Collected data entries:
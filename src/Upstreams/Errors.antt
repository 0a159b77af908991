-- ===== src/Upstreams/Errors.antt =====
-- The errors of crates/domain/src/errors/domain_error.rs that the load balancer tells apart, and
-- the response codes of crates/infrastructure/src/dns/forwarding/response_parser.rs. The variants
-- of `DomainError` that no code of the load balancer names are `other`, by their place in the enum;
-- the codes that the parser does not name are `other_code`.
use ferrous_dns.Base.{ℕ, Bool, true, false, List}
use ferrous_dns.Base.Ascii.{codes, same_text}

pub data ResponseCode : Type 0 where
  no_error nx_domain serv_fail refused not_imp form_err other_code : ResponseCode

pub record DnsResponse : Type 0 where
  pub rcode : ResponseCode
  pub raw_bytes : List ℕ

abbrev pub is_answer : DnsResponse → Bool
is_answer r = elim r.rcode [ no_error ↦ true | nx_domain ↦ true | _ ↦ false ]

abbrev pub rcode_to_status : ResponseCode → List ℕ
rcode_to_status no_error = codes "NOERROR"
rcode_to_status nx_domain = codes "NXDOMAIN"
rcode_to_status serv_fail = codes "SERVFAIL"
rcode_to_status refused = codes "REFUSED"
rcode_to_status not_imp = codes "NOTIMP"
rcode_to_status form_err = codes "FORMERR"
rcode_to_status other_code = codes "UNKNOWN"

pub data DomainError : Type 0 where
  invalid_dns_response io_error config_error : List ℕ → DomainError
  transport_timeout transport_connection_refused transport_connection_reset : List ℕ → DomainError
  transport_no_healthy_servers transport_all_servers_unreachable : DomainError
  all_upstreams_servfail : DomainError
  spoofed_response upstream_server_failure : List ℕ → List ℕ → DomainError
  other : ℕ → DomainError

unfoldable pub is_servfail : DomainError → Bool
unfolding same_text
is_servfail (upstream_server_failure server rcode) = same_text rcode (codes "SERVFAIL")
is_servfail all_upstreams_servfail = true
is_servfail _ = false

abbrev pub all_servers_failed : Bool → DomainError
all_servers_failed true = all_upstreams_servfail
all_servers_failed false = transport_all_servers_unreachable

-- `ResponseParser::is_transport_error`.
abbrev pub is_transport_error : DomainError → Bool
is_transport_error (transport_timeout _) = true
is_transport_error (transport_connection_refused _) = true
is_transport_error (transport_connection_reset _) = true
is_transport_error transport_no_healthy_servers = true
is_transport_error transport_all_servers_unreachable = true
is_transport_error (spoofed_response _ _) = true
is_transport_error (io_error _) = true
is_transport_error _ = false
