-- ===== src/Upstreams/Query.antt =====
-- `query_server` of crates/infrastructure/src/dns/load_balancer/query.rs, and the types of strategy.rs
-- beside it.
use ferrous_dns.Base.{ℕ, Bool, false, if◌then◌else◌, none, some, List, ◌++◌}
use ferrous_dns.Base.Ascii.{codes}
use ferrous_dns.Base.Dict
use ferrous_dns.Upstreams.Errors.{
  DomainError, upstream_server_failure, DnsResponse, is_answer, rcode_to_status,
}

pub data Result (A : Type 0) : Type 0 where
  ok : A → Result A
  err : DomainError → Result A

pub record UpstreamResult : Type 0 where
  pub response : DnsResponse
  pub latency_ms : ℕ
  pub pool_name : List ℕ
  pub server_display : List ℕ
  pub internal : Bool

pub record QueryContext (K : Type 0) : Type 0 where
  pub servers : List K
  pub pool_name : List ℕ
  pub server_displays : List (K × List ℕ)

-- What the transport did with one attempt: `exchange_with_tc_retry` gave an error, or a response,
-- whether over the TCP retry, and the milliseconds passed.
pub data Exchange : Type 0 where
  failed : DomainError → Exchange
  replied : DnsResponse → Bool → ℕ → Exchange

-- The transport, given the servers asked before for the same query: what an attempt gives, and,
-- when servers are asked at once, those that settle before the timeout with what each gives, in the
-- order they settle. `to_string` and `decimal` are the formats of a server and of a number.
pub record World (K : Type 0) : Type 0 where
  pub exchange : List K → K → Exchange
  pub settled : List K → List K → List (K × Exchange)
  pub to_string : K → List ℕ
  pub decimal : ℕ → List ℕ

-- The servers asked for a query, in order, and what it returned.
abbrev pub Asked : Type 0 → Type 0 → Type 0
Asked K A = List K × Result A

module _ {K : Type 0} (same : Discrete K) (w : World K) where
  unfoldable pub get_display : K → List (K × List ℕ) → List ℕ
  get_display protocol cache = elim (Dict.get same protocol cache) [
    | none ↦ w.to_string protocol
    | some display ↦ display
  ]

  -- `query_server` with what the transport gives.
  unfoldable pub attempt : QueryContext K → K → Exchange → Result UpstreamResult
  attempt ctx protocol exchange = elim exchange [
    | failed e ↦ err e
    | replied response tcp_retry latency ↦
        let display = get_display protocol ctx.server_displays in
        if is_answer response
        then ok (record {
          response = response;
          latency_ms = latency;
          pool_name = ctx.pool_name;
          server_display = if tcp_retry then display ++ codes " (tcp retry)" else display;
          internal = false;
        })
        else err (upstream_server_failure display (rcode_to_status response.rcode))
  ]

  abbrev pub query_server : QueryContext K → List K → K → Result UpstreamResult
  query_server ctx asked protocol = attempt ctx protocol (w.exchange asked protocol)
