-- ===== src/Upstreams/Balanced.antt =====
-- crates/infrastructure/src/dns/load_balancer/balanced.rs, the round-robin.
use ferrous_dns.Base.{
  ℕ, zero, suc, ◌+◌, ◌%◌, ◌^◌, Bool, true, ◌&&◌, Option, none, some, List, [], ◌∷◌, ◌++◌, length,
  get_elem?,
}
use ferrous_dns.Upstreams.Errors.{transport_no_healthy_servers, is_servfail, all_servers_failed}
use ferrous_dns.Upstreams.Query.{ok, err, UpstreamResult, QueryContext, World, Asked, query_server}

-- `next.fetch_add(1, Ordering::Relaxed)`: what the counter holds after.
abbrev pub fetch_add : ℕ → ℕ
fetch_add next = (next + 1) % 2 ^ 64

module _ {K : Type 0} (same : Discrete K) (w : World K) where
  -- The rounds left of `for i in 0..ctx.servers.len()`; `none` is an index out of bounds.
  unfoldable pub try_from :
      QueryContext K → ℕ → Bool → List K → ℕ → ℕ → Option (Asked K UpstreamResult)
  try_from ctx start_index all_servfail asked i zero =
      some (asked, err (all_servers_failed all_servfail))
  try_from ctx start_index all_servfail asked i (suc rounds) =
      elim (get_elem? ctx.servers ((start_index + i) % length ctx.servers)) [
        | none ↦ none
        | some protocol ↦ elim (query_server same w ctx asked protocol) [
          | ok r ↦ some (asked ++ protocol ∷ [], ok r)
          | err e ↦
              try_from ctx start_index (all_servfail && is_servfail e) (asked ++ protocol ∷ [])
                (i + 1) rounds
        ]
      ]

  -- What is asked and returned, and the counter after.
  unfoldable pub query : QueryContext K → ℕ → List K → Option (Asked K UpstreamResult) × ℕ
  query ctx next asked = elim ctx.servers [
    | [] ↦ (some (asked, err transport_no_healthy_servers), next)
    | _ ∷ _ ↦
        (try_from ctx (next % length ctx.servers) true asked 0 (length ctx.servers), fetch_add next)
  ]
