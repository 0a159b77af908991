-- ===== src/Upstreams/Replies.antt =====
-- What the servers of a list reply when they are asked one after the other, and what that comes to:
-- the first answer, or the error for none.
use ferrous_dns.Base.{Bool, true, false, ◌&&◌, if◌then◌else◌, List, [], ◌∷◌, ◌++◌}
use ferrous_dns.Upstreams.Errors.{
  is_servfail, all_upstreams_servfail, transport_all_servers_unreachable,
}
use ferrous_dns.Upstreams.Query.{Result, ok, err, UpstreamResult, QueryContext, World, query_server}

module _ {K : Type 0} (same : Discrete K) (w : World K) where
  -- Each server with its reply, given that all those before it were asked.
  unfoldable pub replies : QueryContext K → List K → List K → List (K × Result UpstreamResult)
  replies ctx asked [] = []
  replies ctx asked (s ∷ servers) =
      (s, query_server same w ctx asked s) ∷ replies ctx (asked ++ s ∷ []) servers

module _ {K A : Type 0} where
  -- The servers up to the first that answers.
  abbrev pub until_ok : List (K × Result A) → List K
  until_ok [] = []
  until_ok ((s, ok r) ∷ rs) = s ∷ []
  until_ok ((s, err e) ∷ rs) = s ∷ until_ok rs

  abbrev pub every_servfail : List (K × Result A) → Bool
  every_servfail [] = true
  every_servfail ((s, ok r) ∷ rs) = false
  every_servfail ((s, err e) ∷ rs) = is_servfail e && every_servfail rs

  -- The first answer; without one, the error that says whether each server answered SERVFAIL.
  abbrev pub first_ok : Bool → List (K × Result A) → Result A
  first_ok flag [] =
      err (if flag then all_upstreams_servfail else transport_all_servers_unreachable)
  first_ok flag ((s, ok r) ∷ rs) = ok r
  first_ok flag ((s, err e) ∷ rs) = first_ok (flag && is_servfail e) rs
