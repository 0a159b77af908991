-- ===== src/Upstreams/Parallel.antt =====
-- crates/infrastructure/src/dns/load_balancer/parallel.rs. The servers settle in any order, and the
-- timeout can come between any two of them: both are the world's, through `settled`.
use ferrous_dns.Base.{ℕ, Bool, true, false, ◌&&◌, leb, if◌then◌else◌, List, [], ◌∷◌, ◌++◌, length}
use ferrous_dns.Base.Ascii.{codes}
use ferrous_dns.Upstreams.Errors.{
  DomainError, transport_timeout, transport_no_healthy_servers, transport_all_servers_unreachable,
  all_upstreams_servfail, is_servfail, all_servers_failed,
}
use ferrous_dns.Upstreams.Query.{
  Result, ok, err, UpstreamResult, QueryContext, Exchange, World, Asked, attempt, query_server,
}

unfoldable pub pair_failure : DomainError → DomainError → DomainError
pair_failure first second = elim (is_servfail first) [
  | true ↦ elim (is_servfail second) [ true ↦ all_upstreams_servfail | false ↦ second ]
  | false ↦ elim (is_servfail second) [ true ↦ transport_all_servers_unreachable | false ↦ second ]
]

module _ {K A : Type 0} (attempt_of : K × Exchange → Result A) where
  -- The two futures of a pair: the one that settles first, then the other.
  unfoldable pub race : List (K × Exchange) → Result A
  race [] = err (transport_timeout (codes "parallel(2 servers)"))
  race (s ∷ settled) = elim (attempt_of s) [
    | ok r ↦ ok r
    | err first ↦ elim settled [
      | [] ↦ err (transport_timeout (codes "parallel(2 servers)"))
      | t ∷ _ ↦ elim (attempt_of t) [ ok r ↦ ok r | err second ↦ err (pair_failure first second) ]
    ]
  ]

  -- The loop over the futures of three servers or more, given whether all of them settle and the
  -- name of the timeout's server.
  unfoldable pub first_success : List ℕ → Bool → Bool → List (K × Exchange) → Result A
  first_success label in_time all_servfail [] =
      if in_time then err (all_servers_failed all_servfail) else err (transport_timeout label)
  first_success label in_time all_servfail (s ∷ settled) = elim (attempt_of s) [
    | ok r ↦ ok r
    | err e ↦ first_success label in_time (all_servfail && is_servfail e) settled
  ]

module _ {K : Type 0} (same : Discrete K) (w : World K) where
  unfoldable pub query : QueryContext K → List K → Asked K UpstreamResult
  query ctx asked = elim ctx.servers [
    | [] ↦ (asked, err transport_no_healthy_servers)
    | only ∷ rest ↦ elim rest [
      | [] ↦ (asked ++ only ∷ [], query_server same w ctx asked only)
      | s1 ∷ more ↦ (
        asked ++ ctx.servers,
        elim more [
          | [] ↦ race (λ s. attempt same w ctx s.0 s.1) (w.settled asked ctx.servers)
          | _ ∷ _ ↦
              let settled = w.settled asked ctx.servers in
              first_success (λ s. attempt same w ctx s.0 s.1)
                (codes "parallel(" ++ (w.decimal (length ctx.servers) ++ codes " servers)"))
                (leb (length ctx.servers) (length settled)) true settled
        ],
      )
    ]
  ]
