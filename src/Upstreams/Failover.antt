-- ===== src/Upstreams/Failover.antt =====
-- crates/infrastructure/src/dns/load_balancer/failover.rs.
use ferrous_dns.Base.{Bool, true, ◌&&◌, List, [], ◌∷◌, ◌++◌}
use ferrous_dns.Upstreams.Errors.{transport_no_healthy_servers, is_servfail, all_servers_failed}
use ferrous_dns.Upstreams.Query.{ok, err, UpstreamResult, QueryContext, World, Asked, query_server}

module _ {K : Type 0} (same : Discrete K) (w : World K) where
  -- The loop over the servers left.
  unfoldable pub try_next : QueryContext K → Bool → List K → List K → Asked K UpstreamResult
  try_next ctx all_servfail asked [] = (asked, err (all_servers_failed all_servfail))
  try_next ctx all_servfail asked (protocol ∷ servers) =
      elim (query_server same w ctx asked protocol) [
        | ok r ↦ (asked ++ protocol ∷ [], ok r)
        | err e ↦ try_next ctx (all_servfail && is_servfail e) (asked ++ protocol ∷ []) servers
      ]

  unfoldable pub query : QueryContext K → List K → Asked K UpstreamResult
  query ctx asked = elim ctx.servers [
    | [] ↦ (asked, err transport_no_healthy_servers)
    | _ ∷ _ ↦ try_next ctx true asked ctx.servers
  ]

Description of the task:
Given the records above, return exactly the lines starting at the line containing "replies ctx asked (s" and ending at the line containing "first_ok flag ((s, err", including both.

Reply:
  replies ctx asked (s ∷ servers) =
      (s, query_server same w ctx asked s) ∷ replies ctx (asked ++ s ∷ []) servers

module _ {K A : Type 0} where
  -- The servers up to the first that answers.
  abbrev pub until_ok : List (K × Result A) → List K
  until_ok [] = []
  until_ok ((s, ok r) ∷ rs) = s ∷ []
  until_ok ((s, err e) ∷ rs) = s ∷ until_ok rs

  abbrev pub every_servfail : List (K × Result A) → Bool
  every_servfail [] = true
  every_servfail ((s, ok r) ∷ rs) = false
  every_servfail ((s, err e) ∷ rs) = is_servfail e && every_servfail rs

  -- The first answer; without one, the error that says whether each server answered SERVFAIL.
  abbrev pub first_ok : Bool → List (K × Result A) → Result A
  first_ok flag [] =
      err (if flag then all_upstreams_servfail else transport_all_servers_unreachable)
  first_ok flag ((s, ok r) ∷ rs) = ok r
  first_ok flag ((s, err e) ∷ rs) = first_ok (flag && is_servfail e) rs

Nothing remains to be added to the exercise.